Es solo desde esta perspectiva que sería posible concebir la proyección de nuestro movimiento histórico más allá del sectarismo, los miedos y las pequeñas rencillas judiciales entre las distintas variedades del campo nacional. De un lado y del otro solo esconden su impotencia y claudicación cuando apelan al lenguaje del derecho-humanismo sistémico, acusándose mutuamente de “terroristas” en el lenguaje del enemigo común: la democracia colonial. Reconciliación nacional, honor y amnistía para todos los que lucharon en nuestra última guerra civil. Porque la efectiva “liberación” sólo es posible dejando a un lado las divisiones absurdas trazadas desde afuera, de la mano de una actitud que no tenga como destino ni el Estado, ni la mera transformación de la estructura económica de la sociedad, sino el dar parto a un hombre nuevo en nosotros y el renacimiento de nuestra civilización en clave imperial. Malvinas será su capital y la Reconquista de nuestra completa extensión territorial y marítima será el motor inmóvil de todos nuestros esfuerzos colectivos. ¡Honor y gloria a todos nuestros muertos! ///// DB
[1] Dugin tiene un artículo entero sobre este tema, cuya lectura recomendamos. Aleksandr Dugin, “Modernization without Westernization”, en The Russian Thing Vol. 1, Arktogeya, Moscu, 2001, trad. Jafe Arnold, recuperado de www.eurasianist-archive.com.

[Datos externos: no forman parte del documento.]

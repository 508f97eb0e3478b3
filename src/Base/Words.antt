-- ===== src/Base/Words.antt =====
-- Machine words of C on a 64-bit host: `size_t` and `ssize_t`.
use Prim.Native.Nat.{ℕ, ◌+◌, ◌-◌, ◌%◌, ◌^◌, ◌≤◌, ◌<◌}
use mathlib.Core.Path.{◌≡◌}
use native.Mathlib.Omega.{arith}
use unpv13e.Base.Tests.{ltb, if◌then◌else◌}
use unpv13e.Base.Int.{ℤ, pos, negsuc}

-- `size_t` subtraction wraps.
abbrev pub sub_size : ℕ → ℕ → ℕ
sub_size a b = (a + 2 ^ 64 - b) % 2 ^ 64

-- `size_t` addition wraps.
abbrev pub add_size : ℕ → ℕ → ℕ
add_size a b = (a + b) % 2 ^ 64

-- The `ssize_t` that a `size_t` value converts to.
abbrev pub to_ssize : ℕ → ℤ
to_ssize n = if ltb n (2 ^ 63) then pos n else negsuc (2 ^ 64 - n - 1)

pub sub_size_lem : (a b : ℕ) → b ≤ a → a < 2 ^ 64 → sub_size a b ≡ a - b
sub_size_lem a b h k = omega arith

pub to_ssize_lem : (n : ℕ) → n < 2 ^ 63 → to_ssize n ≡ pos n
to_ssize_lem n h = ground arith

-- The `size_t` that an `ssize_t` converts to.
abbrev pub to_size : ℤ → ℕ
to_size (pos n) = n
to_size (negsuc n) = 2 ^ 64 - n - 1
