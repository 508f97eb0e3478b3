-- ===== src/Cksum.antt =====
-- libfree/in_cksum.c: the Internet checksum, on a host whose first byte of a word is its low one.
pub mod Sum
pub mod Laws
use unpv13e.Base.{ℕ, ◌+◌, ◌-◌, ◌*◌, ◌/◌, ◌%◌, ◌^◌, List, [], ◌∷◌}

-- The 16-bit word at two bytes.
abbrev pub word : ℕ → ℕ → ℕ
word a b = a + 256 * b

-- The `while` and the odd byte behind it, into the 32-bit accumulator.
pub add_words : ℕ → List ℕ → ℕ
add_words sum [] = sum
add_words sum (a ∷ []) = (sum + word a 0) % 2 ^ 32
add_words sum (a ∷ b ∷ bs) = add_words ((sum + word a b) % 2 ^ 32) bs

-- The two additions of the carries.
abbrev pub add_carries : ℕ → ℕ
add_carries sum =
    let folded = (sum / 2 ^ 16 + sum % 2 ^ 16) % 2 ^ 32 in (folded + folded / 2 ^ 16) % 2 ^ 32

-- `~sum`, truncated to 16 bits.
abbrev pub complement : ℕ → ℕ
complement sum = 2 ^ 16 - 1 - sum % 2 ^ 16

-- `len` is the number of the bytes.
unfoldable pub in_cksum : List ℕ → ℕ
unfolding add_words
in_cksum bs = complement (add_carries (add_words 0 bs))
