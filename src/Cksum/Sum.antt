-- ===== src/Cksum/Sum.antt =====
-- libfree/in_cksum.c: the sum of the words, and its folding.
use unpv13e.Base.{
  ℕ, zero, suc, ◌+◌, ◌*◌, ◌%◌, ◌^◌, ◌≤◌, ◌<◌, ◌≡◌, ◌⊎◌, ◌∙◌, List, [], ◌∷◌, ◌++◌, arith, length,
}
use unpv13e.Cksum.{word, add_words, add_carries}

-- The sum of the words, an odd byte with a zero behind it.
unfoldable pub total : List ℕ → ℕ
total [] = 0
total (a ∷ []) = a
total (a ∷ b ∷ bs) = word a b + total bs

unfoldable pub AllBytes : List ℕ → Type 0
AllBytes [] = Unit
AllBytes (b ∷ bs) = (b < 256) × AllBytes bs

-- Twice the sum is at most 65535 for each byte, and a byte more.
pub total_le : (bs : List ℕ) → AllBytes bs → 2 * total bs ≤ 65535 * (length bs + 1)
unfolding total AllBytes
total_le [] h = omega arith
total_le (a ∷ []) (h, hs) = omega arith
total_le (a ∷ b ∷ bs) (ha, (hb, hs)) = omega (arith, total_le bs hs)

-- The accumulator holds the sum where that fits in 32 bits.
pub add_words_lem :
    (sum : ℕ) (bs : List ℕ) → sum + total bs < 2 ^ 32 → add_words sum bs ≡ sum + total bs
unfolding total add_words
add_words_lem sum [] h = omega arith
add_words_lem sum (a ∷ []) h = omega arith
add_words_lem sum (a ∷ b ∷ bs) h =
    let fits : (sum + word a b) % 2 ^ 32 ≡ sum + word a b = omega arith in
    rw fits (add_words_lem (sum + word a b) bs (omega arith) ∙ omega arith)

-- A sum of words in front of words: the front must be whole.
pub total-append :
    (n : ℕ) (xs ys : List ℕ) → length xs ≡ 2 * n → total (xs ++ ys) ≡ total xs + total ys
unfolding total
total-append n [] ys e = omega arith
total-append n (a ∷ []) ys e = absurd (omega arith)
total-append zero (a ∷ b ∷ xs) ys e = absurd (omega arith)
total-append (suc n) (a ∷ b ∷ xs) ys e = omega (arith, total-append n xs ys (omega arith))

-- A folded sum, in the 16 bits that are kept: the same modulo 65535, and 0 for 0 alone.
pub record Folded (s f : ℕ) : Type 0 where
  pub small : f ≤ 65535
  pub same : f % 65535 ≡ s % 65535
  pub zero_iff : ((s ≡ 0) × (f ≡ 0)) ⊎ ((0 < s) × (0 < f))

pub add_carries-Folded : (s : ℕ) → s < 2 ^ 32 → Folded s (add_carries s % 2 ^ 16)
add_carries-Folded s h = record { small = omega arith; same = omega arith; zero_iff = ground arith }
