-- ===== src/Cksum/Laws.antt =====
-- libfree/in_cksum.c: the checksum against the sum, and packets that carry it.
use unpv13e.Base.{
  ℕ, ◌+◌, ◌-◌, ◌*◌, ◌/◌, ◌%◌, ◌^◌, ◌≤◌, ◌<◌, ◌≡◌, ◌⊎◌, refl, subst, ◌∙◌, List, [], ◌∷◌, ◌++◌, arith,
  length, length-append,
}
use unpv13e.Cksum.{word, add_words, add_carries, in_cksum}
use unpv13e.Cksum.Sum.{
  total, AllBytes, total_le, add_words_lem, total-append, Folded, add_carries-Folded,
}

-- The most bytes for which the accumulator cannot overflow. A packet has 65535 at most.
abbrev pub max_len : ℕ
max_len = 131070

total_fits : (bs : List ℕ) → AllBytes bs → length bs ≤ max_len → total bs < 2 ^ 32
total_fits bs h n = omega (arith, total_le bs h)

-- For up to 131070 bytes the checksum is the complement of the sum of the words, folded to 16 bits:
-- of the number from 0 to 65535 that is the sum modulo 65535, with 0 for a sum of 0 alone.
pub in_cksum-Folded :
    (bs : List ℕ)
    → AllBytes bs
    → length bs ≤ max_len
    → (f : ℕ) × (in_cksum bs ≡ 65535 - f) × Folded (total bs) f
unfolding in_cksum
in_cksum-Folded bs h n =
    let fits : total bs < 2 ^ 32 = total_fits bs h n in
    let sum : add_words 0 bs ≡ total bs = add_words_lem 0 bs (omega arith) ∙ omega arith in
    (add_carries (total bs) % 2 ^ 16, rw sum (omega arith), add_carries-Folded (total bs) fits)

pub AllBytes-append : (xs ys : List ℕ) → AllBytes xs → AllBytes ys → AllBytes (xs ++ ys)
unfolding AllBytes
AllBytes-append [] ys h k = k
AllBytes-append (x ∷ xs) ys h k = (h.0, AllBytes-append xs ys h.1 k)

word_bytes : (a b : ℕ) (bs : List ℕ) → a < 256 → b < 256 → AllBytes bs → AllBytes (a ∷ b ∷ bs)
unfolding AllBytes
word_bytes a b bs ha hb h = (ha, (hb, h))

total-word : (a b : ℕ) (bs : List ℕ) → total (a ∷ b ∷ bs) ≡ word a b + total bs
unfolding total
total-word a b bs = refl

-- The sum of a packet with a word of its own behind a whole front.
total_around :
    (n a b : ℕ) (front back : List ℕ)
    → length front ≡ 2 * n
    → total (front ++ (a ∷ b ∷ back)) ≡ total front + total back + word a b
total_around n a b front back e =
    omega (arith, total-append n front (a ∷ b ∷ back) e, total-word a b back)

-- The folded sum of a packet with a word of its own.
Folded-around :
    (n a b : ℕ) (front back : List ℕ)
    → AllBytes front
    → AllBytes back
    → a < 256
    → b < 256
    → length front ≡ 2 * n
    → length front + 2 + length back ≤ max_len
    → (f : ℕ) × (in_cksum (front ++ (a ∷ b ∷ back)) ≡ 65535 - f)
      × Folded (total front + total back + word a b) f
Folded-around n a b front back hf hb ha hb' e len =
    subst (λ s. (f : ℕ) × (in_cksum (front ++ (a ∷ b ∷ back)) ≡ 65535 - f) × Folded s f)
      (total_around n a b front back e)
      (in_cksum-Folded (front ++ (a ∷ b ∷ back))
        (AllBytes-append front _ hf (word_bytes a b back ha hb' hb))
        (omega (arith, length-append front (a ∷ b ∷ back))))

-- Where a checksum is put in, the sum folds to 65535.
verified :
    (s c f g : ℕ)
    → c ≡ 65535 - f
    → Folded (s + word 0 0) f
    → Folded (s + word (c % 256) (c / 256)) g
    → g ≡ 65535
verified s c f g e p q = ground (arith, p.small, p.same, p.zero_iff, q.small, q.same, q.zero_iff)

same_fold :
    (s x y f g : ℕ)
    → Folded (s + x) f
    → Folded (s + y) g
    → x ≤ 65535
    → y ≤ 65535
    → f ≡ g
    → (x ≡ y) ⊎ ((x ≡ 0) × (y ≡ 65535)) ⊎ ((x ≡ 65535) × (y ≡ 0))
same_fold s x y f g p q hx hy e = ground (arith, p.same, q.same)

-- A packet with a zero where its checksum is to be, at a whole number of words from its start, that is
-- not longer than the bound: with the checksum put there, the whole sums to 0.
pub in_cksum-verifies :
    (n : ℕ) (front back : List ℕ)
    → AllBytes front
    → AllBytes back
    → length front ≡ 2 * n
    → length front + 2 + length back ≤ max_len
    → let c = in_cksum (front ++ (0 ∷ 0 ∷ back)) in
      in_cksum (front ++ (c % 256 ∷ c / 256 ∷ back)) ≡ 0
in_cksum-verifies n front back hf hb e len =
    let c = in_cksum (front ++ (0 ∷ 0 ∷ back)) in
    let (f, v, p) = Folded-around n 0 0 front back hf hb (omega arith) (omega arith) e len in
    let small : c ≤ 65535 = omega (arith, v) in
    let (g, v', q) =
      Folded-around n (c % 256) (c / 256) front back hf hb (omega arith) (omega arith) e len in
    v' ∙ omega (arith, verified (total front + total back) c f g (omega (arith, v)) p q)

-- Two packets that differ in one word alone have one checksum only where one of the words is 0 and
-- the other 65535.
pub in_cksum-detects :
    (n a b a' b' : ℕ) (front back : List ℕ)
    → AllBytes front
    → AllBytes back
    → a < 256
    → b < 256
    → a' < 256
    → b' < 256
    → length front ≡ 2 * n
    → length front + 2 + length back ≤ max_len
    → in_cksum (front ++ (a ∷ b ∷ back)) ≡ in_cksum (front ++ (a' ∷ b' ∷ back))
    → (word a b ≡ word a' b')
      ⊎ ((word a b ≡ 0) × (word a' b' ≡ 65535))
      ⊎ ((word a b ≡ 65535) × (word a' b' ≡ 0))
in_cksum-detects n a b a' b' front back hf hb ha hb1 ha' hb1' e len eq =
    let (f, v, p) = Folded-around n a b front back hf hb ha hb1 e len in
    let (g, v', q) = Folded-around n a' b' front back hf hb ha' hb1' e len in
    same_fold (total front + total back) (word a b) (word a' b') f g p q (omega arith) (omega arith)
      (omega (arith, v, v', eq, p.small, q.small))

[2] Hay algunos críticos del desarrollo sin más, como Theodore Kaczynski o Pentti Linkola, cuyos argumentos es fácil pasar por alto en nombre de un realismo acrítico, si bien resultan importantes en lo que respecta al fondo del asunto. En modo alguno tomamos la posición de estos “enemigos de la sociedad industrial”, como tampoco la del tradicionalismo integral en su formulación clásica (Julius Evola, René Guenón), los más radicales “enemigos de la Modernidad”. Y está claro que Dugin está más cerca de ellos que nosotros. Sin embargo, no querríamos dejar de aclarar que estos resultan pensadores mucho más profundos y revolucionarios que los que intentan anegar todo pensamiento y reflexión en superficiales cálculos económicos o en mendigados márgenes de acción política cuyos efectos siempre se harían esperar al precio de hipotecar nuestro ser: la posibilidad, la potencia de un decir y de un obrar plenos, absolutos.
[3] Por si queda alguna duda, nada de esto tiene que ver con la discusión recurrente en torno a la “meritocracia”. La estupidez de que hacer dinero constituye una cualificación moral solo es equiparable a la tesis de que un “salario universal” podría enmendar la falta de trabajo. La propiedad, por su parte, no apareja trabajo ni mérito necesariamente (hay demasiada gente que vive de rentas o del ejercicio de la usura). Por otro lado, la pobreza tampoco hace bueno a nadie. Y también hay gente que elige trabajar lo mínimo indispensable, ¿es por eso acaso censurable éticamente hablando? A tales efectos, no es “más o menos” lo que hace la diferencia, sino el “qué”. La riqueza de las naciones es un indicador de poder nacional, es cierto, y es deseable tener metas productivas comunes, pero eso no convierte a la riqueza en un destino personal que podamos considerar “bueno” en sí mismo. Ni siquiera Adam Smith creía eso.